» PROBLEM TO SOLVE: Would you transcribe all of the data exactly, down to the last character?

» INPUT DATA:
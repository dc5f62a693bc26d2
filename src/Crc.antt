-- ===== src/Crc.antt =====
-- The CRC-32 of src/bjfile.c: the table-driven loop over the bytes.
mod Table
pub mod Serial
pub mod Detect
use binjson_structures.Shared.{ℕ, ◌-◌, ◌/◌, ◌^◌, List, [], ◌∷◌, get_or}
use binjson_structures.Shared.Bits.{bit_xor, bit_and}
pub use Table.{crc_table}

-- `~crc` on uint32_t.
abbrev pub complement : ℕ → ℕ
complement crc = 2 ^ 32 - 1 - crc

-- `crc_table[(crc ^ *p++) & 0xffu] ^ (crc >> 8)`
unfoldable pub crc_round : ℕ → ℕ → ℕ
crc_round crc b = bit_xor (get_or crc_table (bit_and (bit_xor crc b) 0xff) 0) (crc / 256)

unfoldable pub crc_loop : ℕ → List ℕ → ℕ
crc_loop crc [] = crc
crc_loop crc (b ∷ p) = crc_loop (crc_round crc b) p

unfoldable pub crc32_update : ℕ → List ℕ → ℕ
crc32_update crc p = complement (crc_loop (complement crc) p)
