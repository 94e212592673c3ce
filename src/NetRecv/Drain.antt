-- ===== src/NetRecv/Drain.antt =====
-- What `send_buf_node` and `send_handle` (netpool/outclass/CNetRecv.cpp) do to the bytes of a connection.
use netpool.Base.{ℕ, ◌+◌, ◌≡◌, ◌⊎◌, Bool, true, false, List, ◌++◌}
use netpool.NetRecv.{BufNode, NetRecv, Socket, Sent, unsent}
use netpool.NetRecv.Flush.{held_nodes}
use netpool.NetRecv.Buffers.{IsNode, backlog, IsConnection}

-- The node keeps its form, and its bytes are those written and those left.
abbrev Conserves : BufNode → List ℕ → Sent → Type 0
Conserves n wire out = IsNode out.node × (out.wire ++ unsent out.node ≡ wire ++ unsent n)

-- From a connection that holds the nodes `held` and the bytes `bytes`: what it holds afterwards, and
-- what has become of the rest.
abbrev pub Drains : (registered : Bool) → List ℕ → ℕ → Bool × NetRecv × Socket → Type 0
Drains registered bytes nodes (done, r, k) =
    IsConnection r
    × (k.wire ++ backlog r ≡ bytes)
    × (r.freed + held_nodes r ≡ nodes)
    × ((done ≡ false) ⊎ (registered ≡ false) ⊎ (held_nodes r ≡ 0) ⊎ (r.is_register_write ≡ true))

» RESULT OF THIS TASK:
repository dc5f62a693bc26d2
filename src/Crc.antt
-- ===== src/Crc.antt =====
-- The CRC-32 of src/bjfile.c: the table-driven loop over the bytes.
mod Table
pub mod Serial
pub mod Detect
use binjson_structures.Shared.{ℕ, ◌-◌, ◌/◌, ◌^◌, List, [], ◌∷◌, get_or}
use binjson_structures.Shared.Bits.{bit_xor, bit_and}
pub use Table.{crc_table}

-- `~crc` on uint32_t.
abbrev pub complement : ℕ → ℕ
complement crc = 2 ^ 32 - 1 - crc

-- `crc_table[(crc ^ *p++) & 0xffu] ^ (crc >> 8)`
unfoldable pub crc_round : ℕ → ℕ → ℕ
crc_round crc b = bit_xor (get_or crc_table (bit_and (bit_xor crc b) 0xff) 0) (crc / 256)

unfoldable pub crc_loop : ℕ → List ℕ → ℕ
crc_loop crc [] = crc
crc_loop crc (b ∷ p) = crc_loop (crc_round crc b) p

unfoldable pub crc32_update : ℕ → List ℕ → ℕ
crc32_update crc p = complement (crc_loop (complement crc) p)
repository 94e212592673c3ce
filename src/NetRecv/Drain.antt
-- ===== src/NetRecv/Drain.antt =====
-- What `send_buf_node` and `send_handle` (netpool/outclass/CNetRecv.cpp) do to the bytes of a connection.
use netpool.Base.{ℕ, ◌+◌, ◌≡◌, ◌⊎◌, Bool, true, false, List, ◌++◌}
use netpool.NetRecv.{BufNode, NetRecv, Socket, Sent, unsent}
use netpool.NetRecv.Flush.{held_nodes}
use netpool.NetRecv.Buffers.{IsNode, backlog, IsConnection}

-- The node keeps its form, and its bytes are those written and those left.
abbrev Conserves : BufNode → List ℕ → Sent → Type 0
Conserves n wire out = IsNode out.node × (out.wire ++ unsent out.node ≡ wire ++ unsent n)

-- From a connection that holds the nodes `held` and the bytes `bytes`: what it holds afterwards, and
-- what has become of the rest.
abbrev pub Drains : (registered : Bool) → List ℕ → ℕ → Bool × NetRecv × Socket → Type 0
Drains registered bytes nodes (done, r, k) =
    IsConnection r
    × (k.wire ++ backlog r ≡ bytes)
    × (r.freed + held_nodes r ≡ nodes)
    × ((done ≡ false) ⊎ (registered ≡ false) ⊎ (held_nodes r ≡ 0) ⊎ (r.is_register_write ≡ true))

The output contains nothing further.